Like the advice above, start with foil:

On a square of foil put 
Hamburger Patty
potato (slice thin or cut small so that it will cook faster)
carrot
slice of onion
some celery 
salt/pepper/season all/whatever
then fold/seal the foil


You can make them at home and throw them in the cooler before you leave.  When you are ready, just throw them on the coals until the carrots are tender.

While they are cooking, scrape the bark off of the end of a good-size stick.  Wrap biscuit dough around the stick.  Cook over fire so that you will have biscuits-on-a-stick to go with the Hobos.  
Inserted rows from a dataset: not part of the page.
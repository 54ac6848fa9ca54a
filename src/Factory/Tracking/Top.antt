-- ===== src/Factory/Tracking/Top.antt =====
-- The table that a leaderboard shows the top of.
use mathlib.Core.Path.{subst}
use mathlib.Core.List.{Perm}
use tikka_contracts.Prelude.{
  ℕ, zero, suc, min, ◌≡◌, refl, sym, ap, ◌∙◌, ◌==◌, if◌then◌else◌, [], ◌∷◌, ◌++◌, length, All,
  arith,
}
use tikka_contracts.Prelude.Int.{ℤ}
use tikka_contracts.Shared.Types.{Address}
use tikka_contracts.Factory.State.{Leaderboard}
use tikka_contracts.Factory.Tracking.{
  leaderboard_cap, drop_entry, select_largest, sort_board, take_upto, upsert_leaderboard,
}
use tikka_contracts.Factory.Tracking.Board.{
  length-select_largest, Below, IsDescending, sort_board-perm, sort_board-IsDescending,
}

abbrev drop_upto : ℕ → Leaderboard → Leaderboard
drop_upto zero board = board
drop_upto (suc n) [] = []
drop_upto (suc n) (entry ∷ board) = drop_upto n board

take_drop : (n : ℕ) (board : Leaderboard) → take_upto n board ++ drop_upto n board ≡ board
take_drop zero board = refl
take_drop (suc n) [] = refl
take_drop (suc n) (entry ∷ board) = ap (◌∷◌ entry) (take_drop n board)

length-take_upto : (n : ℕ) (board : Leaderboard) → length (take_upto n board) ≡ min (length board) n
length-take_upto zero board = omega arith
length-take_upto (suc n) [] = omega arith
length-take_upto (suc n) (entry ∷ board) = omega (arith, length-take_upto n board)

Below-take_upto :
    (n : ℕ) (metric : ℤ) (board : Leaderboard)
    → Below metric board
    → Below metric (take_upto n board)
Below-take_upto zero metric board h = tt
Below-take_upto (suc n) metric [] h = tt
Below-take_upto (suc n) metric (entry ∷ board) h = (h.0, Below-take_upto n metric board h.1)

Below-drop_upto :
    (n : ℕ) (metric : ℤ) (board : Leaderboard)
    → Below metric board
    → Below metric (drop_upto n board)
Below-drop_upto zero metric board h = h
Below-drop_upto (suc n) metric [] h = tt
Below-drop_upto (suc n) metric (entry ∷ board) h = Below-drop_upto n metric board h.1

take_upto-IsDescending :
    (n : ℕ) (board : Leaderboard) → IsDescending board → IsDescending (take_upto n board)
take_upto-IsDescending zero board h = tt
take_upto-IsDescending (suc n) [] h = tt
take_upto-IsDescending (suc n) (entry ∷ board) h =
    (Below-take_upto n entry.1 board h.0, take_upto-IsDescending n board h.1)

-- What is cut off is below all that is kept.
take_upto-above :
    (n : ℕ) (board : Leaderboard)
    → IsDescending board
    → All (λ entry. Below entry.1 (drop_upto n board)) (take_upto n board)
take_upto-above zero board h = tt
take_upto-above (suc n) [] h = tt
take_upto-above (suc n) (entry ∷ board) h =
    (Below-drop_upto n entry.1 board h.0, take_upto-above n board h.1)

-- `board` shows the best of `table`, best first, and all of it where it has at most ten entries.
pub record IsTop (table board : Leaderboard) : Type 0 where
  pub hidden : Leaderboard
  pub all : Perm table (board ++ hidden)
  pub descending : IsDescending board
  pub above : All (λ entry. Below entry.1 hidden) board
  pub size : length board ≡ min (length table) 10

-- The entries of the other raffles.
abbrev pub others : Address → Leaderboard → Leaderboard
others raffle [] = []
others raffle ((address, metric) ∷ board) =
    if address == raffle then others raffle board else (address, metric) ∷ others raffle board

drop_entry-others :
    (raffle : Address) (board : Leaderboard) → drop_entry raffle board ≡ others raffle board
drop_entry-others raffle [] = refl
drop_entry-others raffle (entry ∷ board) =
    ap (λ rest. if entry.0 == raffle then rest else entry ∷ rest) (drop_entry-others raffle board)

length-sort_board : (n : ℕ) (board : Leaderboard) → length (sort_board n board) ≡ length board
unfolding sort_board
length-sort_board zero board = refl
length-sort_board (suc n) [] = refl
length-sort_board (suc n) (left ∷ board) =
    ap suc (length-sort_board n (select_largest left board).1 ∙ length-select_largest left board)

upsert_leaderboard_lem :
    (raffle : Address) (metric : ℤ) (board : Leaderboard)
    → IsTop
        (drop_entry raffle board ++ (raffle, metric) ∷ [])
        (upsert_leaderboard raffle metric board)
unfolding upsert_leaderboard
upsert_leaderboard_lem raffle metric board = record {
  hidden = drop_upto leaderboard_cap sorted;
  all =
      subst (Perm next) (sym (take_drop leaderboard_cap sorted))
        (sort_board-perm (length next) next);
  descending = take_upto-IsDescending leaderboard_cap sorted in_order;
  above = take_upto-above leaderboard_cap sorted in_order;
  size =
      omega (arith, length-take_upto leaderboard_cap sorted, length-sort_board (length next) next);
}
  where
    next : Leaderboard
    next = drop_entry raffle board ++ (raffle, metric) ∷ []

    sorted : Leaderboard
    sorted = sort_board (length next) next

    in_order : IsDescending sorted
    in_order = sort_board-IsDescending (length next) next (omega arith)

-- An update of a leaderboard leaves the ten best, best first, of the entries that the other raffles had and
-- of the new entry; all of them, where they are no more than ten. The old entry of the raffle is gone.
pub upsert_leaderboard-IsTop :
    (raffle : Address) (metric : ℤ) (board : Leaderboard)
    → IsTop (others raffle board ++ (raffle, metric) ∷ []) (upsert_leaderboard raffle metric board)
upsert_leaderboard-IsTop raffle metric board =
    subst (λ kept. IsTop (kept ++ (raffle, metric) ∷ []) (upsert_leaderboard raffle metric board))
      (drop_entry-others raffle board) (upsert_leaderboard_lem raffle metric board)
Save the sticks, because in the morning you will want to crack open a can of cinnamon rolls for cinnamon rolls-on-a-stick!


----------



## DrewDennis (Mar 19, 2009)

DAWG POUND said:


> i like making baby meat lofe at the house wrap in foil and when at camp drop on side of coals not in them then let cook. not bad



Where do you buy baby meat at?   LOL!


----------



## tr21 (Mar 19, 2009)

holton27596 said:


> dont forget boyscout omelettes. Toss some eggs ina ziploc bag with whatever toppings you like. mash it up good and then throw in a pot of boiling water



tried this and it was good,but a little crunchy.i guess i didn't mash the sheels up enoughi'll mash them up more next time though


----------



## pop pop jones (Mar 19, 2009)

1- pack Zatarain's Jambalaya Mix
1- pound of hotttt  smoked sausage
1- bottle of hot sause
nuf said


----------



## TheLandlord (Apr 1, 2009)

1/4" lb of Spaghetti (dry)
1 package of Bertoli Pasta Sauce (in a bag)

The easiest, tastiest, backpackin' meal you can make. Nothin' beats spaghetti when you're hoofin' it.


----------



## Matt (Apr 2, 2009)

think I'm just gonna go to costco and pick up a case of ramen noodles


----------



## THE JUDGE (Apr 9, 2009)

DAWG POUND said:


> i like making baby meat lofe at the house wrap in foil and when at camp drop on side of coals not in them then let cook. not bad



10-4 on#88


----------



## BRANCHWYNN (Apr 11, 2009)

catch some catfish...make some JALLOP. Or fry some fish and make swamp gravy......use the left overs for your eggs and toast in the morning.....re-heat that swamp gravy.....mmmmmGREAT SOS.


----------



## Derek Edge (Apr 13, 2009)

pop pop jones said:


> 1- pack Zatarain's Jambalaya Mix
> 1- pound of hotttt  smoked sausage
> 1- bottle of hot sause
> nuf said



2- rolls of TP
1- tube of preperation-H


----------



## jola (Apr 13, 2009)

Meatball subs:
1 pkg sub rolls
1 pkg frozen pre-cooked meatballs
1 jar pizza sauce
1 bag shredded mozarella cheese

Aluminum foil
Pam spray

make sam'iches, wrap in foil, bake over campfire.


----------



## gadeerwoman (Apr 14, 2009)

I used to take a friend's son with me camping and we always drew folks from nearby campsites when we cooked. Shish-k-bobs, baked potatoes, salad, baked apples. We ate like royalty with little cleanup required. Prepare ingredients at home and put in the pack with a couple frozen cold packs. Ziplock bags and aluminum foil are great inventions!


----------